Here’s the ‘good news’ now being heralded by the media and the administration. Fox:
US tariff take surges to $31B in August, setting new monthly high for 2025
Secretary of the Treasury Scott Bessent adds that the income from tariffs over the next 10 years should knock $4 trillion off of US debt. Not that the debt will be lower; it will be much higher. But according to Bessent, it will be $4 trillion less than it would otherwise have been. (The Congressional Budget Office estimated $3.3 trillion.)
Hallelujah?
But wait. A lower court found that Trump lacked the authority to impose his tariffs. The Wall Street Journal:
Appeals Court Rejects Trump’s Global Tariffs
Decision delivers blow to central prong of president’s economic agenda; levies will remain in place pending further proceedings
And now…it goes to the Supreme Court as the crackpot rhetoric reaches a fever pitch.
“If we lose this case,” says quack economist Peter Navarro, “it will be the end of the United States.”
And from the White House on Labor Day came a claim that tariffs have ‘helped to drive more than $8 trillion in new US investment.’
Just trying to stick to ‘facts,’ all we really know is that Foreign Direct Investment into the US is currently going down, according to Global Business Alliance, not up. After all, what kind of investor would make a major commitment of funds based on a program that could be struck down by the Supreme Court next month?
And while tariff revenue is hitting record highs…actual collections won’t come anywhere close to plugging the deficit hole. The July total for tariff revenue was $28 billion. But the feds’ deficit for the month was $291 billion, more than ten times as much.
Let us draw breath and consider what is really going on. Where does this tariff bounty come from?
Back when Trump passed his tax cut bill — in 2017 — the news then, too, was about what a happy moment it was. Many of our own dear readers couldn’t believe it when we failed to share the rampant joy.
“What’s wrong with you?” a reader asked. “You’ll save money on your taxes. What is it you don’t get about that?”
What we didn’t get was how the feds planned to pay for all their marvelous projects without taking the money from the citizens they were supposedly designed to benefit. Who else was going to pay?
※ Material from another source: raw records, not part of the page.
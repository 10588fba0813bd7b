-- ===== src/RouteCache/Forwarder.antt =====
-- firmware_core/route_cache.c: what a neighbour that route_cache_best_hop falls back to can rely on.
use rivr.Common.{ℕ, bit_and, refl, sym, ap, subst, inl, inr, Bool, not, Option, none}
use rivr.Common.{some, arith, leb, Bool-cases, Option-cases, length, ◌≤◌, ◌<◌, ◌≡◌, ◌∙◌}
use rivr.Common.{◌≢◌, ◌&&◌, ◌==◌}
use rivr.Neighbor.{Neighbor, Table, entry_at}
use rivr.Neighbor.Best.{best-top}
unfoldable use rivr.Neighbor.Score.{link_score}
use rivr.Neighbor.Score.{best}
use rivr.RouteCache.Refreshed.{IsRefreshed, IsRefresh, erase}
unfoldable use rivr.RouteCache.BestHop.{forwarder}

-- The neighbour of tier 2 is the best one, direct and of sufficient score.
forwarder-best :
    (airtime_routing : Bool) (t : Table) (now_ms : ℕ) (nb : Neighbor)
    → forwarder airtime_routing (some t) now_ms ≡ some nb
    → (best airtime_routing t now_ms ≡ some nb)
      × (bit_and nb.flags 1 ≢ 0)
      × (20 ≤ link_score nb now_ms)
unfolding forwarder
forwarder-best airtime_routing t now_ms nb h = elim (Option-cases (best airtime_routing t now_ms)) [
  | inl gone ↦ absurd (ground (arith, rw (gone, forwarder) at h))
  | inr (n, there) ↦
      elim (Bool-cases (not (bit_and n.flags 1 == 0) && leb 20 (link_score n now_ms))) [
        | inl ok ↦
            let same : n ≡ nb = ground (arith, rw (there, ok, forwarder) at h) in
            (
              there ∙ ap some same,
              subst (λ (x : Neighbor). bit_and x.flags 1 ≢ 0) same (ground (arith, ok)),
              subst (λ x. 20 ≤ link_score x now_ms) same (ground (arith, ok)),
            )
        | inr less ↦ absurd (ground (arith, rw (there, less, forwarder) at h))
      ]
]

-- A neighbour table whose counted entries are all there; it may be missing.
abbrev pub IsSized : Option Table → Type 0
IsSized none = Unit
IsSized (some t) = t.count ≤ length t.entries

-- The counted entry `i` of the table `before` is the neighbour that a route leads to. The table `after`
-- differs from `before` in flags only; there the entry is direct, and the choice of `neighbor_best`.
pub record IsForwarder (airtime_routing : Bool) (now_ms : ℕ) (before after : Table)
    (next_hop_id : ℕ) (i : ℕ) : Type 0 where
  pub counted : i < before.count
  pub named : next_hop_id ≡ (entry_at before i).neighbor_id
  pub strong : 20 ≤ link_score (entry_at before i) now_ms
  pub refreshed : IsRefreshed before after
  pub direct : bit_and (entry_at after i).flags 1 ≢ 0
  pub chosen : best airtime_routing after now_ms ≡ some (entry_at after i)

link_score-erase : (n : Neighbor) (now_ms : ℕ) → link_score (erase n) now_ms ≡ link_score n now_ms
unfolding link_score
link_score-erase n now_ms = refl

forwarder-none :
    (airtime_routing : Bool) (now_ms : ℕ) → forwarder airtime_routing none now_ms ≡ none
unfolding forwarder
forwarder-none airtime_routing now_ms = refl

-- The neighbour of tier 2 stands in the table that was passed.
pub forwarder-IsForwarder :
    (airtime_routing : Bool) (ntbl after : Option Table) (now_ms : ℕ) (nb : Neighbor)
    → IsSized ntbl
    → IsRefresh ntbl after
    → forwarder airtime_routing after now_ms ≡ some nb
    → (t0 : Table) × (t : Table) × (i : ℕ) × (ntbl ≡ some t0)
      × (after ≡ some t)
      × IsForwarder airtime_routing now_ms t0 t nb.neighbor_id i
forwarder-IsForwarder airtime_routing none none now_ms nb sized fresh h =
    absurd (ground (arith, sym (forwarder-none airtime_routing now_ms) ∙ h))
forwarder-IsForwarder airtime_routing none (some t) now_ms nb sized fresh h = absurd fresh
forwarder-IsForwarder airtime_routing (some t0) none now_ms nb sized fresh h = absurd fresh
forwarder-IsForwarder airtime_routing (some t0) (some t) now_ms nb sized fresh h =
    let (chosen, direct, strong) = forwarder-best airtime_routing t now_ms nb h in
    let sized' : t.count ≤ length t.entries = omega (arith, fresh.counts, fresh.sizes) in
    let (i, lt, here) = rw chosen at ((best-top airtime_routing t now_ms sized').1) in
    let same : erase nb ≡ erase (entry_at t0 i) = ap erase (sym here) ∙ fresh.same i in
    (
      t0,
      t,
      i,
      refl,
      refl,
      record {
        counted = omega (arith, fresh.counts);
        named = ap (λ (n : Neighbor). n.neighbor_id) same;
        strong =
            subst (λ k. 20 ≤ k)
              (sym (link_score-erase nb now_ms)
                ∙ ap (λ n. link_score n now_ms) same
                ∙ link_score-erase (entry_at t0 i) now_ms)
              strong;
        refreshed = fresh;
        direct = subst (λ (n : Neighbor). bit_and n.flags 1 ≢ 0) (sym here) direct;
        chosen = chosen ∙ ap some (sym here);
      },
    )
The answer of course was that the money would be borrowed…and the real costs would be reckoned in inflation and defaults.
‘A tax cut without a concomitant spending cut is a fraud,’ we opined. The tax cut did not really reduce the cost of government, it simply disguised it. Net gain = zero.
And now cometh a new trick. Again, spending will not be touched. The feds have simply found another fake mustache. The costs will be paid, now, as a tax on consumption.
Businesses navigate based on their allowable margins. They try to maximize revenue by making every sale they can…while still preserving their profit margins. Without the profit, there is no reason to make the sale. So, they must pass along any cost increases — including the cost of tariffs.
The result is that the tariffs function like an insidious, capricious national sales tax, pretending to be a penalty paid by foreigners. Almost every penny of revenue from it originates with the American people, as always. Because the real cost of government is what it spends. One way or another it will get the money from its citizens. There is no other source.
Net gain = zero.
The real result, however, will be deeply negative. We don’t know which of the two frauds — tariffs or deficits — does the most harm. Both of them disrupt the economy, waste time and resources, impair trade, and cause sub-optimal behavior on the part of businesses, investors and consumers. Either way, common citizens pay the costs; favored elites get the benefits.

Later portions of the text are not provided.